Naruto
.
.
.
.
Masashi Kishimoto
.
.
.
.
.
Rate : M
.
.
.
.
.
.
Chara Universe!
.
.
.
.
Jangan Lupa Berdoa sebelum Membaca
.
.
.
"Bagaimana...
"...Apa kau menerimanya...
"...Uzumaki...
"...Naruto...?"
Naruto memejamkan matanya, memikirkan apa yang terjadi, dirinya tak habis pikir bagaimana ia bisa terpilih,
Setelah memikirkannya, Naruto pun membuka matanya menatap sosok 'dirinya' yang tengah menunggu jawabannya.
"Aku..."
.
.
.
.
.
Chapter 1
"Aku..."
"... Menerimanya," Itulah jawaban yang diinginkan oleh 'Naruto', Ia pun langsung tersenyum mendengar jawaban tersebut.
"Seperti yang sudah kuduga, kau pasti akan menerimanya,"
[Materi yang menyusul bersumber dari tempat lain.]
-- ===== src/Routing/Own.antt =====
-- A search in a table of the caller, `find_route(..., fastapi_routes, prefix)` of
-- frontik/routing.py, which goes over the table twice.
use frontik.Prelude.{String, ◌≡◌, ◌∙◌, ap, inl, inr, some, List, [], ◌∷◌}
use frontik.Routing.{
  BaseRoute, ApiRoute, api, Methods, Matcher, Scope, Table, found, find_fastapi_route_exact,
  with_endpoint, strip_path,
}
use frontik.Routing.Dispatch.{finish, search, request_scope, dispatch, find_stripped, find_route}
use frontik.Routing.Search.{IsFirst, with_match, head_cases}

module _ {Child : Type 0} (matches : Matcher Child) where
  -- the search returns the first route that takes the request
  pub find_fastapi_route_exact-IsFirst :
      (methods : Methods) (scope : Scope Child) (route : BaseRoute) (child : Child)
      (routes : List BaseRoute)
      → IsFirst matches methods scope route child routes
      → find_fastapi_route_exact matches methods scope routes
        ≡ (with_match matches scope route child, some route)
  find_fastapi_route_exact-IsFirst methods scope route child [] h = elim h [ ]
  find_fastapi_route_exact-IsFirst methods scope route child (r ∷ rs) (inl (same, taken)) =
      unfold find_fastapi_route_exact in
      rw (same, taken.0, taken.1) (ap (λ x. (with_match matches scope x child, some x)) same)
  find_fastapi_route_exact-IsFirst methods scope route child (r ∷ rs) (inr (not_taken, later)) =
      elim (head_cases matches methods scope r rs) [
        | inl (c, taken, hit) ↦ elim (not_taken c taken) [ ]
        | inr (none_taken, skipped) ↦
            skipped ∙ find_fastapi_route_exact-IsFirst methods scope route child rs later
      ]

  -- `find_route` returns the route of the table that takes the request, and no method set changes
  pub find_route-IsFirst :
      (table : Table) (methods : Methods) (path method : String) (routes : List BaseRoute)
      (prefix : String) (r : ApiRoute) (child : Child)
      → IsFirst matches methods
          (request_scope matches (strip_path path) method prefix)
          (api r)
          child
          routes
      → find_route matches table methods path method (some routes) prefix
        ≡ found
            (with_endpoint
              (with_match matches
                (request_scope matches (strip_path path) method prefix)
                (api r)
                child)
              (api r))
            methods
  unfolding find_route find_stripped dispatch search finish
  find_route-IsFirst table methods path method routes prefix r child h = rw (
    find_fastapi_route_exact-IsFirst methods (request_scope matches (strip_path path) method prefix)
        (api r) child routes h,
    find_fastapi_route_exact-IsFirst methods
        (with_match matches (request_scope matches (strip_path path) method prefix) (api r) child)
        (api r) child routes h,
  )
Sebenarnya 'Naruto' tidak khawatir kalau sosok lain dirinya tidak menerimanya, hanya saja ada sesuatu yang lebih ia khawatirkan, yaitu apabila dia tidak menerimanya, ia tidak tahu apa yang akan terjadi selanjutnya.
Ia merasa ada kegelapan yang ingin menyelimuti dunianya, sangat gelap dan pekat. Kegelapan itu seakan ingin menelannya bulat-bulat.
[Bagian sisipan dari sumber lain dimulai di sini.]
-- ===== src/Lib.antt =====
-- Verification of parts of the camera (libcamera) and of the MobiCore daemon
-- (mobicore/daemon): its device, its registry and the commands of its clients.
--
-- Camera. The camera HAL sends each frame through the blocks of the ISP and calls, before and
-- after each block, the activities; an activity reads and writes the frame's metadata and keeps its
-- own state machine from frame to frame.
-- - Camera.Shot: the part of camera2_shot_ext (libcamera/fimc-is-metadata.h) that is used.
-- - Camera.Activity: ExynosCameraActivityBase (libcamera/ExynosCameraActivityBase.cpp), the
--   dispatch `execFunction` over a record of the virtual functions.
-- - Camera.Flash: ExynosCameraActivityFlash (libcamera/ExynosCameraActivityFlash.cpp and .h).
--   State has its members and constructor, Before and After the callbacks t_func3ABefore and
--   t_func3AAfter, Setters the other methods and the sensor callbacks, Waits the loops of
--   waitAeDone, waitPreDone, waitMainReady and waitMainReadyShortTouch, Ops all of these as
--   operations in any order. Proofs: Bounds, Progress, Cancel, Lamp, Timeouts, AeTimeout.
-- - Camera.Autofocus: ExynosCameraActivityAutofocus (libcamera/ExynosCameraActivityAutofocus.cpp
--   and .h), split the same way: State, Frames, Setters, Result (getAutofocusResult), Lock
--   (lockAutofocus). Proofs: Runs, Answers, Locking.
-- - Camera.Crop: getCropRect, getCropRectAlign and m_setZoom of ExynosCamera
--   (libcamera/ExynosCamera.cpp), the part of a frame that is used. Proofs: Region.
-- - Camera.Sizes: the lists of sizes of libcamera/ExynosCamera.h, and m_getResolutionList,
--   m_isSupportedPreviewSize and its two likes, and m_getMatchedPictureSize of ExynosCameraHWImpl
--   (libcamera/ExynosCameraHWImpl.cpp). Proofs: Offers.
-- - Camera.Areas: m_bracketsStr2Ints and m_subBracketsStr2Ints of ExynosCameraHWImpl, which read the
--   texts of focus and metering areas. Proofs: Valid, Accepted.
-- - Camera.Fps: FPS_RANGE_LIST of libcamera/ExynosCamera.h, m_getSupportedFpsList and
--   m_getSupportedVariableFpsList of ExynosCameraHWImpl. Proofs: Choice.
-- A method foo_bar of a module is the source's fooBar. Other threads move an activity while a
-- waiting method sleeps: the method takes the activity that each of its tests sees as a function of
-- the number of the test, which may be any function.
--
-- Daemon. A client connects to the daemon, opens sessions with trusted applications through the
-- device, which exchanges commands with the secure world over a shared message buffer and two
-- notification queues.
-- - Daemon.NotificationQueue: NotificationQueue (mobicore/daemon/Daemon/Device/
--   NotificationQueue.cpp), with 32-bit counters that wrap; Fifo is its specification, Refine
--   relates them.
-- - Daemon.Session: TrustletSession (mobicore/daemon/Daemon/Device/TrustletSession.cpp) and
--   cleanSessionBuffers of MobiCoreDevice.cpp. Proofs: Buffers.
-- - Daemon.Device: MobiCoreDevice (mobicore/daemon/Daemon/Device/MobiCoreDevice.cpp) with notify and
--   handleIrq of Platforms/Generic/TrustZoneDevice.cpp. State has the members, the calls to the
--   outside and the World, Sessions the session list and notifications, Commands the commands,
--   Close open and close. Proofs: Exchange, Ownership, Opening, Closing, Mapping, Teardown,
--   Delivery, Registration, Version.
-- - Daemon.Registry: mobicore/daemon/Registry/PrivateRegistry.cpp, the files of containers and
--   trustlets. Bytes has the sizes of common/MobiCore/inc/mcContainer.h and mcSo.h, Names the paths,
--   Disk the file system, Containers store, read and delete, Cleanup the three mcRegistryCleanup
--   functions, Blob what is loaded for a service. Proofs: Distinct, Store, Bounds, Deletion, Gone.
-- - Daemon.Driver: MobiCoreDriverDaemon (mobicore/daemon/Daemon/MobiCoreDriverDaemon.cpp), which
--   reads commands from the clients' connections and answers them over the device and the registry.
--   Wire has the bytes that come in (Daemon/public/MobiCoreDriverCmd.h, Common/Connection.cpp), State
--   the members, the answers and what surrounds a command (Env), Sessions, Bulk and Registry the
--   handlers (process_open_session is processOpenSession, and so on), Dispatch handleConnection,
--   dropConnection and the handling of one connection in Server::run (Daemon/Server/Server.cpp),
--   Startup what run does before it serves. Proofs: Answers, Refusals, Locks, Peers, Leaks.
-- - Daemon.Netlink: NetlinkConnection (mobicore/daemon/Common/NetlinkConnection.cpp), a stream made of
--   messages. Proofs: Stream.
-- - Daemon.Client: the client library (mobicore/daemon/ClientLib/ClientLib.cpp, Device.cpp and
--   Session.cpp). Codes has the numbers of public/MobiCoreDriverApi.h, State the devices with their
--   sessions, buffers and memory and what the kernel keeps for them, Wire the checking and sending
--   macros, Opening, Closing, Bulk, Waiting and Memory the calls (mc_open_device is mcOpenDevice, and
--   so on), Calls all of them in any order. Proofs: Invariant and Runs over Counts, Pointers,
--   Distinct, Covered, Checks and Covers; Drained and Link over Places; Ends, Openings, Mapping,
--   Unmapping; Messages, and Link, where the daemon's driver reads what the library writes.
-- - Daemon.RegistryClient: mobicore/daemon/Registry/Registry.cpp, which asks the daemon for the
--   operations of its registry. Proofs: Serving, Reading.
--
-- Bounds and fuel. C++ int counters of the activities are integers or natural numbers without a
-- bound, those of the queues are taken modulo 2 ^ 32. A loop that the source does not bound by a
-- counter takes fuel and answers `none` where it runs out. The waits of the flash activity get
-- their fuel from their own timeouts (fuel_for), cleanSessionBuffers one more than it has buffers;
-- lockAutofocus and the loop of handleIrq get it from the caller. In Close and in
-- Driver.Dispatch, `none` is undefined behaviour of the C++ program. Bytes are numbers; those of a
-- file's name are below 256 by hypothesis where it matters.
--
-- Parameters. The kernel module, the secure world and the interrupt thread answer through `World`:
-- addresses, locks, waits, the response and the notifications of one command. The outcome of each
-- read from a socket, what uninitialised memory holds, the registration of memory in the kernel and
-- the peer's credentials come with `Env`; what the file system permits and keeps is part of `Disk`.
-- The client library's `Env` has what its sockets and its kernel module answer during one call, what
-- it is answered being the daemon's answer in Link; what the stack or the heap holds is given, too.
-- The floating-point arithmetic of the crop rectangles (`Floats`) and the macro ALIGN of a header
-- outside the repository are parameters, with what rounding and alignment guarantee as hypotheses;
-- so are `atoi`, the texts of a size and of a range and the comparison of ratios in Camera.Sizes and
-- Camera.Fps. Pointers to sessions and connections are numbers.
--
-- Not modelled: logging, the creation of threads, sockets, ioctl and mmap; initialisation of the MCI
-- and the crash dump (TrustZoneDevice.cpp); the other activities and the rest of the camera HAL
-- (ExynosCameraHWImpl.cpp, ExynosCamera.cpp), which drive V4L2 devices; select and accept of the
-- servers, and the dispatch of netlink messages; mcRegistryReadData of the daemon's registry; the
-- locks of the client library, and its GlobalPlatform interface (GP/tee_client_api.cpp), whose types
-- and constants are headers outside the repository; the graphics, display, JPEG, key and
-- provisioning libraries.
pub mod Common
pub mod Camera
pub mod Daemon
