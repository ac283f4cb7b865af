-- ===== src/Camera.antt =====
-- libcamera: the per-frame activities of the camera, its crop rectangles, sizes, frame rates and
-- areas.
pub mod Shot
pub mod Activity
pub mod Flash
pub mod Autofocus
pub mod Crop
pub mod Sizes
pub mod Fps
pub mod Areas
Karena itu selain ingin Naruto menggantikannya, ia juga ingin mempersiapkan akan datangnya kegelapan itu, ia yakin suatu saat nanti Naruto pasti akan melawan Sang Kegelapan. Kapan itu terjadi, ia tidak tahu.
"Karena itu, sebelum kau memasuki duniaku berada, kau terlebih dulu harus kulatih untuk mempersiapkan diri,
"Duniaku berbeda dengan duniamu, dunia penuh dengan hal-hal yang mungkin kau anggap itu mistis dan khayalan, padahal itu kenyataan,
"Oleh karena itu aku harus mempersiapkan dirimu, agar kau tidak kaget ketika datang ke duniaku," Naruto pun mengangguk mendengar penjelasan dari 'dirinya'.
"Baiklah, sebelum itu..."
'Naruto' pun menjulurkan tangan kedepan, seberkas sinar cahaya menyinari genggaman tangannya, kemudian sinar cahaya itu menghilang memperlihatkan empat buah batu yang mirip zamrud seukuran bola pingpong.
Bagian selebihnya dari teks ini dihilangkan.